Possible to integrate CMS's Combine workflow? #344

kratsg · 2018-10-25T18:09:37Z

Question

CMS uses a tool called Combine which is built on top of RooStats/RooFit.

It seems very possible, as it appears that CMS' workspace is defined as a plaintext file called a datacard, to be able to provide a datacard2json tool to translate the datacard into something usable by pyhf.

The text was updated successfully, but these errors were encountered:

matthewfeickert · 2018-10-27T05:03:39Z

After having some discussions at the US LUA meeting I think that we might want to talk with Josh Bendavid (@bendavid) about this.

jonas-eschle · 2019-06-19T14:18:46Z

Since this is still an open issue, let me mention that on 25.6 there will be a meeting including Josh and others to talk about the implementations of binned/template pdfs in order to move the community in this niche closer together.

matthewfeickert · 2020-01-02T20:31:59Z

Tagging @mattbellis and @benkrikler here, given the email conversation that Matt started (thanks Matt!) RE: what would need to be done to extend the HistFactory JSON v1.0.0 schema to allow translation of CMS Combine cards. @mattbellis provided a toy Combine card that we can start with. @benkrikler had started some discussion on this front at CHEP 2019, so his thoughts and input are very welcome here too.

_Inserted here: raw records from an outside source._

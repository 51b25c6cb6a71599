-- ===== src/Workflows/Topo/Degrees.antt =====
-- core/src/extensions/workflows/executor.rs, `topo_sort`: what the map of in-degrees holds.
use root_cx.Prelude.{
  ℕ, suc, ◌+◌, ◌≡◌, refl, sym, ap, subst, ◌∙◌, ◌⊎◌, inl, inr, Bool, true, false, not, ◌&&◌,
  Bool-cases, Option, none, some, List, [], ◌∷◌, Memᴰ, Text, text_eq, text_eq_iff, ◌==◌,
  if◌then◌else◌, arith,
}
use root_cx.Prelude.Sets.{contains}
use root_cx.Workflows.Graph.{WorkflowNode, WorkflowEdge}
use root_cx.Workflows.Topo.{Degrees, ensure, bump, lowered, lower, in_degrees}

-- `in_degree.get(x)`
unfoldable pub degree : Text → Degrees → Option ℕ
degree x [] = none
degree x ((k, d) ∷ m) = let later = degree x m in if text_eq k x then some d else later

abbrev pub or_zero : Option ℕ → ℕ
or_zero none = 0
or_zero (some d) = d

degree-ensure :
    (id x : Text) (m : Degrees)
    → degree x (ensure id m) ≡ (if text_eq id x then some (or_zero (degree x m)) else degree x m)
unfolding degree ensure
degree-ensure id x [] = refl
degree-ensure id x ((k, d) ∷ m) =
    ground (arith, text_eq_iff k id, text_eq_iff k x, text_eq_iff id x, degree-ensure id x m)

degree-bump :
    (id x : Text) (m : Degrees)
    → degree x (bump id m)
      ≡ (if text_eq id x then some (suc (or_zero (degree x m))) else degree x m)
unfolding degree bump
degree-bump id x [] = refl
degree-bump id x ((k, d) ∷ m) =
    ground (arith, text_eq_iff k id, text_eq_iff k x, text_eq_iff id x, degree-bump id x m)

-- The entries that are not zero.
unfoldable pub positives : Degrees → ℕ
positives [] = 0
positives ((k, d) ∷ m) = (if d == 0 then 0 else 1) + positives m

-- A key of positive degree is lowered, without an overflow.
pub lower-lowered :
    (id : Text) (d : ℕ) (m : Degrees)
    → degree id m ≡ some (suc d)
    → (m' : Degrees) × (lower id m ≡ lowered d m')
      × ((x : Text) → degree x m' ≡ (if text_eq id x then some d else degree x m))
      × (positives m' + (if d == 0 then 1 else 0) ≡ positives m)
unfolding degree lower positives
lower-lowered id d [] h = cc
lower-lowered id d ((k, e) ∷ m) h = elim (Bool-cases (text_eq k id)) [
  | inl t ↦
      let same : e ≡ suc d = cc (rw t at h) in
      (
        (k, d) ∷ m,
        rw (t, same),
        λ x. ground (arith, text_eq_iff k id, text_eq_iff k x, text_eq_iff id x),
        rw same (ground arith),
      )
  | inr f ↦
      let (m', is_lowered, degrees, count) = lower-lowered id d m (rw f at h) in
      (
        (k, e) ∷ m',
        rw (f, is_lowered),
        λ x. ground (arith, degrees x, text_eq_iff k id, text_eq_iff k x, text_eq_iff id x),
        omega (arith, count),
      )
]

-- The edges into a node from a node that is not taken yet.
abbrev pub waits : List Text → Text → WorkflowEdge → Bool
waits taken x e = text_eq e.to x && not (contains taken e.from)

unfoldable pub pending : List Text → Text → List WorkflowEdge → ℕ
pending taken x [] = 0
pending taken x (e ∷ edges) = (if waits taken x e then 1 else 0) + pending taken x edges

abbrev pub is_some : Option ℕ → Bool
is_some none = false
is_some (some d) = true

or_zero-ensure :
    (id x : Text) (m : Degrees) → or_zero (degree x (ensure id m)) ≡ or_zero (degree x m)
or_zero-ensure id x m = ground (arith, degree-ensure id x m)

or_zero-bump :
    (id x : Text) (m : Degrees)
    → or_zero (degree x (bump id m)) ≡ or_zero (degree x m) + (if text_eq id x then 1 else 0)
or_zero-bump id x m = ground (arith, degree-bump id x m)

-- The map counts the edges into each key.
pub counted :
    (nodes : List WorkflowNode) (edges : List WorkflowEdge) (m : Degrees) (x : Text)
    → or_zero (degree x (in_degrees nodes edges m)) ≡ or_zero (degree x m) + pending [] x edges
unfolding in_degrees pending
counted [] [] m x = omega arith
counted [] (e ∷ edges) m x = ground (arith, counted [] edges (bump e.to m) x, or_zero-bump e.to x m)
counted (n ∷ nodes) [] m x =
    counted nodes [] (ensure n.id m) x ∙ ground (arith, or_zero-ensure n.id x m)
counted (n ∷ nodes) (e ∷ edges) m x =
    counted nodes (e ∷ edges) (ensure n.id m) x ∙ ground (arith, or_zero-ensure n.id x m)

is_some-ensure :
    (id x : Text) (m : Degrees)
    → (is_some (degree x m) ≡ true) ⊎ (id ≡ x)
    → is_some (degree x (ensure id m)) ≡ true
is_some-ensure id x m (inl h) = ground (arith, degree-ensure id x m)
is_some-ensure id x m (inr h) = ground (arith, degree-ensure id x m, text_eq_iff id x)

is_some-bump :
    (id x : Text) (m : Degrees)
    → (is_some (degree x m) ≡ true) ⊎ (id ≡ x)
    → is_some (degree x (bump id m)) ≡ true
is_some-bump id x m (inl h) = ground (arith, degree-bump id x m)
is_some-bump id x m (inr h) = ground (arith, degree-bump id x m, text_eq_iff id x)

-- A text that the graph names as a node or as the target of an edge.
abbrev pub Named : List WorkflowNode → List WorkflowEdge → Text → Type 0
Named nodes edges x =
    ((n : WorkflowNode) × Memᴰ n nodes × (n.id ≡ x))
    ⊎ ((e : WorkflowEdge) × Memᴰ e edges × (e.to ≡ x))

in_degrees_keeps :
    (nodes : List WorkflowNode) (edges : List WorkflowEdge) (m : Degrees) (x : Text)
    → is_some (degree x m) ≡ true
    → is_some (degree x (in_degrees nodes edges m)) ≡ true
unfolding in_degrees
in_degrees_keeps [] [] m x h = h
in_degrees_keeps [] (e ∷ edges) m x h =
    in_degrees_keeps [] edges (bump e.to m) x (is_some-bump e.to x m (inl h))
in_degrees_keeps (n ∷ nodes) [] m x h =
    in_degrees_keeps nodes [] (ensure n.id m) x (is_some-ensure n.id x m (inl h))
in_degrees_keeps (n ∷ nodes) (e ∷ edges) m x h =
    in_degrees_keeps nodes (e ∷ edges) (ensure n.id m) x (is_some-ensure n.id x m (inl h))

pub known_target :
    (edges : List WorkflowEdge) (m : Degrees) {e : WorkflowEdge}
    → Memᴰ e edges
    → is_some (degree e.to (in_degrees [] edges m)) ≡ true
unfolding in_degrees
known_target [] m at = elim at [ ]
known_target (f ∷ edges) m {e} (Memᴰ.head same) =
    in_degrees_keeps [] edges (bump f.to m) e.to
      (is_some-bump f.to e.to m (inr (ap (λ (g : WorkflowEdge). g.to) (sym same))))
known_target (f ∷ edges) m (Memᴰ.tail at) = known_target edges (bump f.to m) at

-- Every named text is a key.
pub in_degrees_nodes :
    (nodes : List WorkflowNode) (edges : List WorkflowEdge) (m : Degrees) (x : Text)
    → (is_some (degree x m) ≡ true) ⊎ Named nodes edges x
    → is_some (degree x (in_degrees nodes edges m)) ≡ true
unfolding in_degrees
in_degrees_nodes nodes edges m x (inl h) = in_degrees_keeps nodes edges m x h
in_degrees_nodes [] edges m x (inr (inl (n, at, same))) = elim at [ ]
in_degrees_nodes [] edges m x (inr (inr (e, at, same))) =
    subst (λ y. is_some (degree y (in_degrees [] edges m)) ≡ true) same (known_target edges m at)
in_degrees_nodes (f ∷ nodes) [] m x (inr (inr (e, at, same))) = elim at [ ]
in_degrees_nodes (f ∷ nodes) (g ∷ edges) m x (inr (inr (e, at, same))) =
    in_degrees_nodes nodes (g ∷ edges) (ensure f.id m) x (inr (inr (e, at, same)))
in_degrees_nodes (f ∷ nodes) edges m x (inr (inl (n, Memᴰ.head e, same))) =
    in_degrees_keeps nodes edges (ensure f.id m) x
      (is_some-ensure f.id x m (inr (ap (λ (g : WorkflowNode). g.id) (sym e) ∙ same)))
in_degrees_nodes (f ∷ nodes) edges m x (inr (inl (n, Memᴰ.tail at, same))) =
    in_degrees_nodes nodes edges (ensure f.id m) x (inr (inl (n, at, same)))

kratsg · 2020-01-12T16:10:28Z

I'll assign myself on this for now, since I have a small side project that is looking into Combine (part of my SUSY role in ATLAS) and want to explore some code for this.

matthewfeickert · 2020-12-04T19:12:38Z

So it seems that CMS has added some rather complete tutorials that describe the Combine model (HT @kpedro88):

lukasheinrich · 2020-12-04T21:41:48Z

together with #1188 it should be much more straight forward to built a combine-like model

kratsg · 2021-03-03T15:26:52Z

page @alexander-held

alexander-held · 2021-03-03T15:47:29Z

I was curious about the possibility of converting datacards into pyhf workspaces and wrote a small utility https://github.com/alexander-held/datacard-to-pyhf. I do not know much about CMS Combine and the datacard format, so the implementation likely has a range of issues. The most glaring one is that it only supports single-bin channels (and no shape systematics) at the moment.
It runs fine with the toy example from above, resulting in a best-fit of

r =  0.9040 -0.2753 +0.3202

The paper reports 0.93 +0.26 −0.23 (stat.) +0.13 −0.09 (syst.) in the abstract. With another simple example, I do not see perfect agreement between the fit with Combine and pyhf (via MINUIT) either, so there are probably other differences to be understood.

lukasheinrich · 2021-03-03T15:53:55Z

awesome that's a great start.. taking on the simplest example and successively adding features was also pyhf's approach in general. tagging also @clelange

nsmith- · 2021-03-05T22:07:53Z

In case its helpful @andrzejnovak put together a conda recipe for combine in cms-analysis/HiggsAnalysis-CombinedLimit#648
Though it is still python 2 :(

nucleosynthesis · 2021-04-22T16:49:45Z

Are you able to run the "standalone" (works on a CernVM) version of combine [1]? that might help better compare the expected from combine vs pyHF (since the tutorial cards, even the more advanced ones are not identical to the real thing in the papers)

[1] http://cms-analysis.github.io/HiggsAnalysis-CombinedLimit/#standalone-version-of-combine

alexander-held · 2021-04-22T16:56:26Z

Could a standalone Docker image also be possible? Having no CVMFS dependence at all would be useful to allow running validations anywhere.

andrzejnovak · 2021-04-22T16:57:12Z

@alexander-held check the PR Nick linked

alexander-held · 2021-04-22T17:04:46Z

Having the conda version available is great! I view a ready-to-use Docker image as complementary to that (I guess with conda there is compilation involved?).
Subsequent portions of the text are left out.